Bukhari dan Muslim).
Kedua,
negara harus membuat kebijakan yang dapat menjamin terciptanya harga yang wajar
berdasarkan mekasnisme pasar yang berlaku. Islam melarang negara menggunakan
otoritasnya untuk menentukan harga, baik harga maksimum maupun harga minimum. Mayoritas
ulama telah sepakat tentang haramnya campur tangan penguasa dalam menentukan
harga. Dalam hal ini negara wajib membiarkan kedua belah pihak (penjual dan
pembeli) menentapkan harga yang wajar sesuai keridhaannya. Memaksa salah satu pihak
merupakan tindak kedzaliman.
Ketiga,
pemerintah harus dapat mencegah terjadinya penipuan seperti yang sering
terjadi, baik yang dilakukan oleh penjual maupun pembeli.
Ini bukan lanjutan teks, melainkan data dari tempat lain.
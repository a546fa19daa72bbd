-- ===== src/DnsController/Examples/Rounds.antt =====
-- Rounds of the controller at one zone of the provider.
use dnslb.Base.{
  true, false, Option, none, some, List, [], ◌∷◌, Str, bytes, str_eq, str_eq_iff, err, ◌≡◌, ◌≢◌,
  refl, sym, arith, Bool-cases, inl, inr,
}
use mathlib.Core.Option
use mathlib.Core.Path.{subst}
use dnslb.Go.Strings.{has_prefix, contains, trim_suffix, join}
use dnslb.Go.Decimal.{pos, itoa}
use dnslb.Go.Ip.{ip_string}
use dnslb.Loadbalancer.{LoadbalancerList}
use dnslb.Dns.{Zone}
use dnslb.DnsController.{DnsEnv, DnsController}
use dnslb.DnsController.Match.{first_zone}
use dnslb.DnsController.Current.{list_failed, update_current_zones}
use dnslb.DnsController.Wanted.{wanted_zone}
use dnslb.DnsController.Mapping.{zone_lbs}
use dnslb.DnsController.Loop.{receive, promote, tick}
use dnslb.DnsController.Rounds.{tick_total, receive_stale}
use dnslb.DnsController.Delivery.{tick_reconciles}
use dnslb.DnsController.Debugged.{without_log, debug_env, tick-debug_env}
use dnslb.DnsController.Examples.Provider.{
  Types, lib, lib-laws, hold, listed, provider, env, env-IsReliable,
}
use dnslb.DnsController.Examples.Zones.{balancer, old_zone}

abbrev pub lbs : LoadbalancerList
lbs = record { loadbalancers = balancer ∷ []; hash = 5 }

abbrev no_lbs : LoadbalancerList
no_lbs = record { loadbalancers = []; hash = 6 }

-- A controller with a wanted list, and nothing else.
abbrev pub controller : Option LoadbalancerList → DnsController Types
controller wanted = record {
  metrics = none;
  current_zones_enforce_sync = false;
  current_zones = [];
  current_zones_hash = 0;
  current_zones_hash_map = [];
  current_zone_names = [];
  wanted_zones = [];
  wanted_zones_hash = 0;
  wanted_zones_lb_hash = 5;
  wanted_lbs = wanted;
  wanted_lbs_candidate = none;
  last_current_zone_sync = some 1000;
  current_zone_sync_enforce_interval = pos 60;
  last_cycle = [];
}

abbrev held : List (Zone Types)
held = old_zone ∷ []

abbrev in_zone : Str → Zone Types → Zone Types
in_zone k = wanted_zone lib (zone_lbs (listed held) (balancer ∷ []) k)

only_zone :
    (k : Str) (z : Zone Types) → hold held k ≡ some z → (bytes "b.example" ≡ k) × (old_zone ≡ z)
only_zone k z h = elim (Bool-cases (str_eq (bytes "b.example") k)) [
  | inl same ↦ ((str_eq_iff (bytes "b.example") k).0 same, cc (rw same at h))
  | inr other ↦ cc (rw other at h)
]

hash_differs : lib.zone_hash old_zone ≡ lib.zone_hash (in_zone (bytes "b.example") old_zone) → ⊥
unfolding wanted_zone first_zone contains has_prefix trim_suffix ip_string itoa join
hash_differs e = omega arith

distinct :
    (k : Str) (z : Zone Types)
    → hold held k ≡ some z
    → lib.zone_hash z ≡ lib.zone_hash (in_zone k z)
    → z ≡ in_zone k z
distinct k z h e =
    let (name, zone) = only_zone k z h in
    absurd (
      subst (λ (j : Str). lib.zone_hash old_zone ≡ lib.zone_hash (in_zone j old_zone) → ⊥) name
        hash_differs (rw (sym zone) at e))

tick_reconciles_example :
    (c' : DnsController Types) × (s' : List (Zone Types)) × (tick env
        (receive lbs (controller none))
        held
      ≡ some (c', s'))
    × ((k : Str) → hold s' k ≡ Option.map (in_zone k) (hold held k))
tick_reconciles_example =
    tick_reconciles env lib-laws hold listed env-IsReliable lbs held (controller none) refl distinct

tick_total_example :
    (r : DnsController Types × List (Zone Types)) × (tick env (controller (some lbs)) held ≡ some r)
tick_total_example = tick_total env (controller (some lbs)) held

tick-debug_env_example :
    without_log (tick (debug_env env) (controller (some lbs)) (held, []))
    ≡ tick env (controller (some lbs)) held
tick-debug_env_example = tick-debug_env env (controller (some lbs)) held []

-- A provider that cannot list its zones.
abbrev silent : DnsEnv Types (List (Zone Types))
silent = record env { provider = record provider { list_zones = λ s. (err (bytes "timeout"), s) } }

unread :
    (update_current_zones silent (record (controller (some lbs)) { last_cycle = 1000 ∷ [] }) held).0
    ≡ err (list_failed (bytes "timeout"))
unfolding update_current_zones
unread = refl

different : no_lbs.hash ≢ lbs.hash
different e = absurd (omega arith)

receive_stale_example :
    ((promote (receive lbs (receive no_lbs (controller (some lbs))))).0.wanted_lbs ≡ some no_lbs)
    × ((promote (receive lbs (receive no_lbs (controller (some lbs))))).1 ≡ true)
receive_stale_example = receive_stale (controller (some lbs)) lbs lbs no_lbs refl refl different
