-- ===== src/DnsController/Settled.antt =====
-- sync of dnsController.go with `force`, at a provider whose zones are already as wanted.
use dnslb.Base.{
  ℕ, true, false, ==_refl, Option, some, List, [], ◌∷◌, map, Str, All, Dict, lookup, value_or, ◌≡◌,
  refl, ap, ◌∙◌,
}
use mathlib.Core.Path.{subst}
use dnslb.Loadbalancer.{LoadbalancerList}
use dnslb.Dns.{DnsTypes, Zone, DnsLaws}
use dnslb.DnsController.{DnsEnv, DnsController}
use dnslb.DnsController.Current.{after_fetch, update_current_zones}
use dnslb.DnsController.Wanted.{wanted_zone, update_wanted_zones}
use dnslb.DnsController.Sync.{push_zone, push_zones, sync}
use dnslb.DnsController.Reliable.{IsReliable}
use dnslb.DnsController.Reconcile.{
  names, in_zone, groups, wanted_of, fetched, update_current_zones_ok, at_push, remembered,
  sync_forced,
}

module _ {T : DnsTypes} {S : Type 0} (env : DnsEnv T S) (laws : DnsLaws env.lib)
    (hold : S → Str → Option (Zone T)) (listed : S → List Str)
    (reliable : IsReliable env hold listed) (lbs : LoadbalancerList) (s : S) where
  abbrev wanted_now : Zone T → Zone T
  wanted_now = wanted_of env laws hold listed reliable lbs s

  -- The zone is as wanted, and its hash is remembered.
  abbrev IsAsWanted : Dict ℕ → Zone T → Type 0
  IsAsWanted m z = (wanted_now z ≡ z) × (value_or 0 (lookup z.name m) ≡ env.lib.zone_hash z)

  push_zone_settled :
      (z : Zone T) (c : DnsController T) (t : S)
      → IsAsWanted c.current_zones_hash_map z
      → push_zone env (wanted_now z) (c, t) ≡ (c, t)
  push_zone_settled z c t (same, hash) =
      ap (λ (w : Zone T). push_zone env w (c, t)) same ∙ rw (hash, ==_refl (env.lib.zone_hash z))

  push_zones_settled :
      (zs : List (Zone T)) (c : DnsController T) (t : S)
      → All (IsAsWanted c.current_zones_hash_map) zs
      → push_zones env (map wanted_now zs) (c, t) ≡ (c, t)
  unfolding push_zones
  push_zones_settled [] c t h = refl
  push_zones_settled (z ∷ zs) c t (here, h) =
      ap (push_zones env (map wanted_now zs)) (push_zone_settled z c t here)
      ∙ push_zones_settled zs c t h

  All-settled :
      (m : Dict ℕ) (zs : List (Zone T))
      → ((k : Str) (z : Zone T)
          → hold s k ≡ some z
          → wanted_zone env.lib (in_zone env laws hold listed reliable lbs s k) z ≡ z)
      → All (λ z. hold s z.name ≡ some z) zs
      → All (λ z. value_or 0 (lookup z.name m) ≡ env.lib.zone_hash z) zs
      → All (IsAsWanted m) zs
  All-settled m [] as_wanted held hashes = tt
  All-settled m (z ∷ zs) as_wanted (here, held) (hash, hashes) = (
    (
      ap (λ (g : Str → List _). wanted_zone env.lib (g z.name) z)
            (groups env laws hold listed reliable lbs s)
          ∙ as_wanted z.name z here,
      hash,
    ),
    All-settled m zs as_wanted held hashes,
  )

  -- A forced sync at a reliable provider that holds every zone as wanted updates no zone: the world
  -- afterwards is the one that reading the zones leaves, the provider holds what it held, and the next
  -- round is not made to read the zones again.
  pub sync_settled :
      (c : DnsController T)
      → c.wanted_lbs ≡ some lbs
      → ((k : Str) (z : Zone T)
          → hold s k ≡ some z
          → wanted_zone env.lib (in_zone env laws hold listed reliable lbs s k) z ≡ z)
      → (c' : DnsController T) × (s' : S) × (sync env true c s ≡ some (c', s'))
        × ((update_current_zones env c s).2 ≡ s')
        × (hold s' ≡ hold s)
        × (c'.current_zones_enforce_sync ≡ false)
  unfolding update_wanted_zones
  sync_settled c w as_wanted =
      let (zs, s', run, named, same, all) = fetched env laws hold listed reliable lbs s in
      let here =
        subst (λ (f : Str → Option (Zone T)). All (λ z. f z.name ≡ some z) zs)
          (reliable.hold-list s) all in
      let settled =
        All-settled _ zs as_wanted here (remembered env laws hold listed reliable lbs s zs here) in
      (
        at_push env laws hold listed reliable lbs s c zs s',
        s',
        sync_forced env laws hold listed reliable lbs s c zs s' w run
            ∙ ap some (
                push_zones_settled zs (at_push env laws hold listed reliable lbs s c zs s') s'
                  settled),
        ap (λ r. r.2)
            (update_current_zones_ok env laws hold listed reliable lbs s c w
              ∙ ap (after_fetch env c (names env laws hold listed reliable lbs s)) run),
        same ∙ reliable.hold-list s,
        refl,
      )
Sabda rasulullah “Tidak halal seseorang yang menjual sesuatu
melainkan hendaklah ia menerangkan (cacat) yang ada pada barang tersebut”
(HR. Ahmad)
Keempat,
Pemerintah harus mencegah berbagai tindakan penimbunan produk-produk pertanian
dan kebutuhan pokok lainnya. “Orang yang
mendatangkan barang (akan) diberikan rezki sebaliknya orang yang menimbun akan
dilaknat” (HR. Ibn Majah dan ad-Dailami).
Kelima,
pemerintah harus dapat mencegah perselisihan yang terjadi akibat tindakan
spekulasi dalam perdagangan.
Refferensi:
Ismail, Muhammad
Muhammad. 1993. Bunga Rampai Pemikiran Islam. Gema Insani Press, Jakarta.
Rosadi, Muhammad
Riza. 2008. Kapitalisme:Biang Krisis Pangan. Majalah Al-Wai’e 94:14-18.
bagus analisisnya :)
BalasHapusSaya kurang setuju di Kebijakan di sektor perdagangan hasil pertanian yg keempat karena bila semua penimbunan di cegah maka yang terjadi ialah harga pasar akan turun atau naik secara segnifikan karena sedikit banyaknya pasokan.ini yg akan memicu orang untuk ber spekulasi lebih besar.dan satu lagi bagaimana pemerintah mencegah berbagai macam penimbunan sedangkan pemerintah sendiri menimbun beras?